*EXERCISE DIRECTIONS*. Transcribe the records from the line containing "reap_all-IsWindow ((seq, e)" onward, up to and including the final line, exactly and without anything else.

[Items listed in a dataset]
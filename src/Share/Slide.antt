-- ===== src/Share/Slide.antt =====
-- The loop of advanceLocked (internal/queuelog/share.go).
use boltq.Prelude.{
  ℕ, zero, suc, ◌≤◌, ◌<◌, ◌≡◌, true, false, ◌&&◌, leb, nat_eq, arith, Bool-cases, inl, inr,
}
use boltq.Prelude.Dict.{Dict, has, remove, size, get-remove, size-remove}
use boltq.Share.{slide}

-- The base moves over retired sequences only, and what it passes leaves the retired.
pub slide-passes :
    (n base s : ℕ) (retired : Dict ℕ (Unit {0}))
    → ((t : ℕ) → has retired t ≡ true → base ≤ t)
    → (base ≤ (slide n base retired).0)
      × (has (slide n base retired).1 s ≡ (has retired s && leb (slide n base retired).0 s))
      × (base ≤ s → s < (slide n base retired).0 → has retired s ≡ true)
unfolding slide
slide-passes zero base s retired h = ground (arith, h s)
slide-passes (suc n) base s retired h = elim (Bool-cases (has retired base)) [
  | inl done ↦ rw done (
      ground (
        arith,
        slide-passes n (suc base) s (remove retired base)
            (λ t held. ground (arith, h t, held, get-remove retired base t)),
        get-remove retired base s,
        h s,
        done,
      ))
  | inr open_seq ↦ rw open_seq (ground (arith, h s))
]

-- With fuel for every retired sequence, the base is not retired at the end.
pub slide-stops :
    (n base : ℕ) (retired : Dict ℕ (Unit {0}))
    → size retired ≤ n
    → has (slide n base retired).1 (slide n base retired).0 ≡ false
unfolding slide
slide-stops zero base retired h = ground (arith, size-remove retired base)
slide-stops (suc n) base retired h = elim (Bool-cases (has retired base)) [
  | inl done ↦ rw done (
      slide-stops n (suc base) (remove retired base)
        (ground (arith, done, size-remove retired base)))
  | inr open_seq ↦ rw open_seq open_seq
]
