-- ===== src/Share/Window.antt =====
-- The window of a share partition: what every method keeps of it.
use boltq.Prelude.{
  ℕ, suc, ◌+◌, ◌-◌, ◌≤◌, ◌<◌, ◌≡◌, refl, true, false, not, ◌&&◌, ◌||◌, List, [], ◌∷◌, Option, none,
  some, leb, ◌==◌, nat_eq, elem, elem-cons, arith, Bool-cases, inl, inr,
}
use boltq.Prelude.Dict.{Dict, get, has, size, get-put, get-remove}
use boltq.Share.{
  Entry, SharePartition, Outside, Reason, lease_expired_after, is_acquired, released, release,
  retire, slide, advance, commit_base, dead_letter,
}
use boltq.Share.Settling.{reap_found, reap_all, reap_expired}
use boltq.Share.Slide.{slide-passes}

-- State exists for the sequences from `base` to `next`, at most `max_in_flight` of them, each of
-- which is either retired or has an entry; the heap has every entry that waits.
pub record WindowOf (base next max : ℕ) (entries : Dict ℕ Entry) (retired : Dict ℕ (Unit {0}))
    (heap : List ℕ) : Type 0 where
  pub positive : 0 < base
  pub ordered : base ≤ next
  pub bounded : next ≤ base + max
  pub entry_in : (s : ℕ) → has entries s ≡ true → (base ≤ s) × (s < next) × (has retired s ≡ false)
  pub retired_in : (s : ℕ) → has retired s ≡ true → (base ≤ s) × (s < next)
  pub covered : (s : ℕ) → base ≤ s → s < next → (has entries s || has retired s) ≡ true
  pub waiting :
      (s : ℕ) (e : Entry)
      → get entries s ≡ some e
      → is_acquired e.state ≡ false
      → elem s heap ≡ true

abbrev pub IsWindow : {E : Type 0} → SharePartition E → Type 0
IsWindow sp = WindowOf sp.base sp.next sp.cfg.max_in_flight sp.entries sp.retired sp.heap

module _ {E : Type 0} where
  pub release-IsWindow :
      (sp : SharePartition E) (seq : ℕ) (e : Entry)
      → has sp.entries seq ≡ true
      → IsWindow sp
      → IsWindow (release sp seq e)
  unfolding release
  release-IsWindow sp seq e held w = record {
    positive = w.positive;
    ordered = w.ordered;
    bounded = w.bounded;
    entry_in = λ s h. ground (arith, w.entry_in s, h, get-put sp.entries seq (released e) s, held);
    retired_in = w.retired_in;
    covered =
        λ s lo hi. ground (arith, w.covered s lo hi, get-put sp.entries seq (released e) s, held);
    waiting = λ s f h idle. ground (
      arith,
      w.waiting s f,
      h,
      idle,
      get-put sp.entries seq (released e) s,
      elem-cons s seq sp.heap,
    );
  }

  pub retire-IsWindow :
      (sp : SharePartition E) (seq : ℕ)
      → has sp.entries seq ≡ true
      → IsWindow sp
      → IsWindow (retire sp seq)
  unfolding retire
  retire-IsWindow sp seq held w = record {
    positive = w.positive;
    ordered = w.ordered;
    bounded = w.bounded;
    entry_in = λ s h.
        ground (arith, w.entry_in s, h, get-remove sp.entries seq s, get-put sp.retired seq tt s);
    retired_in =
        λ s h. ground (arith, w.retired_in s, w.entry_in s, h, held, get-put sp.retired seq tt s);
    covered = λ s lo hi.
        ground (arith, w.covered s lo hi, get-remove sp.entries seq s, get-put sp.retired seq tt s);
    waiting = λ s f h idle. ground (arith, w.waiting s f, h, idle, get-remove sp.entries seq s);
  }

slid-IsWindow :
    (n base next max : ℕ) (entries : Dict ℕ Entry) (retired : Dict ℕ (Unit {0})) (heap : List ℕ)
    → WindowOf base next max entries retired heap
    → WindowOf (slide n base retired).0 next max entries (slide n base retired).1 heap
slid-IsWindow n base next max entries retired heap w = record {
  positive = ground (arith, w.positive, passes base);
  ordered =
      let s = (slide n base retired).0 - 1 in ground (arith, passes s, w.ordered, w.retired_in s);
  bounded = ground (arith, w.bounded, passes base);
  entry_in = λ s h. ground (arith, w.entry_in s h, passes s);
  retired_in = λ s h. ground (arith, passes s, w.retired_in s, h);
  covered = λ s lo hi. ground (arith, passes s, w.covered s, lo, hi);
  waiting = w.waiting;
}
  where
    passes :
        (s : ℕ)
        → (base ≤ (slide n base retired).0)
          × (has (slide n base retired).1 s ≡ (has retired s && leb (slide n base retired).0 s))
          × (base ≤ s → s < (slide n base retired).0 → has retired s ≡ true)
    passes s = slide-passes n base s retired (λ t held. (w.retired_in t held).0)

module _ {E : Type 0} ⦃out : Outside E⦄ where
  pub advance-IsWindow : (sp : SharePartition E) → IsWindow sp → IsWindow (advance sp).1
  unfolding advance commit_base
  advance-IsWindow sp w =
      let slid =
        slid-IsWindow (size sp.retired) sp.base sp.next sp.cfg.max_in_flight sp.entries sp.retired
          sp.heap w in
      elim (Bool-cases
        ((slide (size sp.retired) sp.base sp.retired).0 == sp.base || not sp.has_cursors)) [
          | inl still ↦ rw still slid
          | inr moved ↦ rw moved slid
        ]

  pub dead_letter-IsWindow :
      (sp : SharePartition E) (seq : ℕ) (e : Entry) (reason : Reason)
      → has sp.entries seq ≡ true
      → IsWindow sp
      → IsWindow (dead_letter sp seq e reason)
  unfolding dead_letter
  dead_letter-IsWindow sp seq e reason held w =
      let env = (out.dead_letter sp.env sp.key e.rec reason).1 in
      ground (
        arith,
        retire-IsWindow (record sp { dlq_count = suc sp.dlq_count }) seq held w,
        retire-IsWindow (record sp { env = env; dlq_count = suc sp.dlq_count }) seq held w,
        release-IsWindow (record sp { env = env }) seq e held w,
      )

  pub reap_found-IsWindow :
      (o : Option Entry) (seq : ℕ) (sp : SharePartition E) (now : ℕ)
      → get sp.entries seq ≡ o
      → IsWindow sp
      → IsWindow (reap_found o seq sp now)
  unfolding reap_found
  reap_found-IsWindow none seq sp now found w = w
  reap_found-IsWindow (some e) seq sp now found w =
      let held : has sp.entries seq ≡ true = rw found in
      ground (
        arith,
        dead_letter-IsWindow (record sp { expired = suc sp.expired }) seq e
            (lease_expired_after e.count) held w,
        release-IsWindow (record sp { expired = suc sp.expired }) seq e held w,
        w,
      )

  pub reap_all-IsWindow :
      (es : List (ℕ × Entry)) (sp : SharePartition E) (now : ℕ)
      → IsWindow sp
      → IsWindow (reap_all es sp now)
  unfolding reap_all
  reap_all-IsWindow [] sp now w = w
  reap_all-IsWindow ((seq, e) ∷ es) sp now w =
      reap_all-IsWindow es _ now (reap_found-IsWindow (get sp.entries seq) seq sp now refl w)

  pub reap_expired-IsWindow :
      (sp : SharePartition E) (now : ℕ) → IsWindow sp → IsWindow (reap_expired sp now)
  unfolding reap_expired
  reap_expired-IsWindow sp now w = advance-IsWindow _ (reap_all-IsWindow sp.entries sp now w)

*ANSWER BOX*.
  reap_all-IsWindow ((seq, e) ∷ es) sp now w =
      reap_all-IsWindow es _ now (reap_found-IsWindow (get sp.entries seq) seq sp now refl w)

  pub reap_expired-IsWindow :
      (sp : SharePartition E) (now : ℕ) → IsWindow sp → IsWindow (reap_expired sp now)
  unfolding reap_expired
  reap_expired-IsWindow sp now w = advance-IsWindow _ (reap_all-IsWindow sp.entries sp now w)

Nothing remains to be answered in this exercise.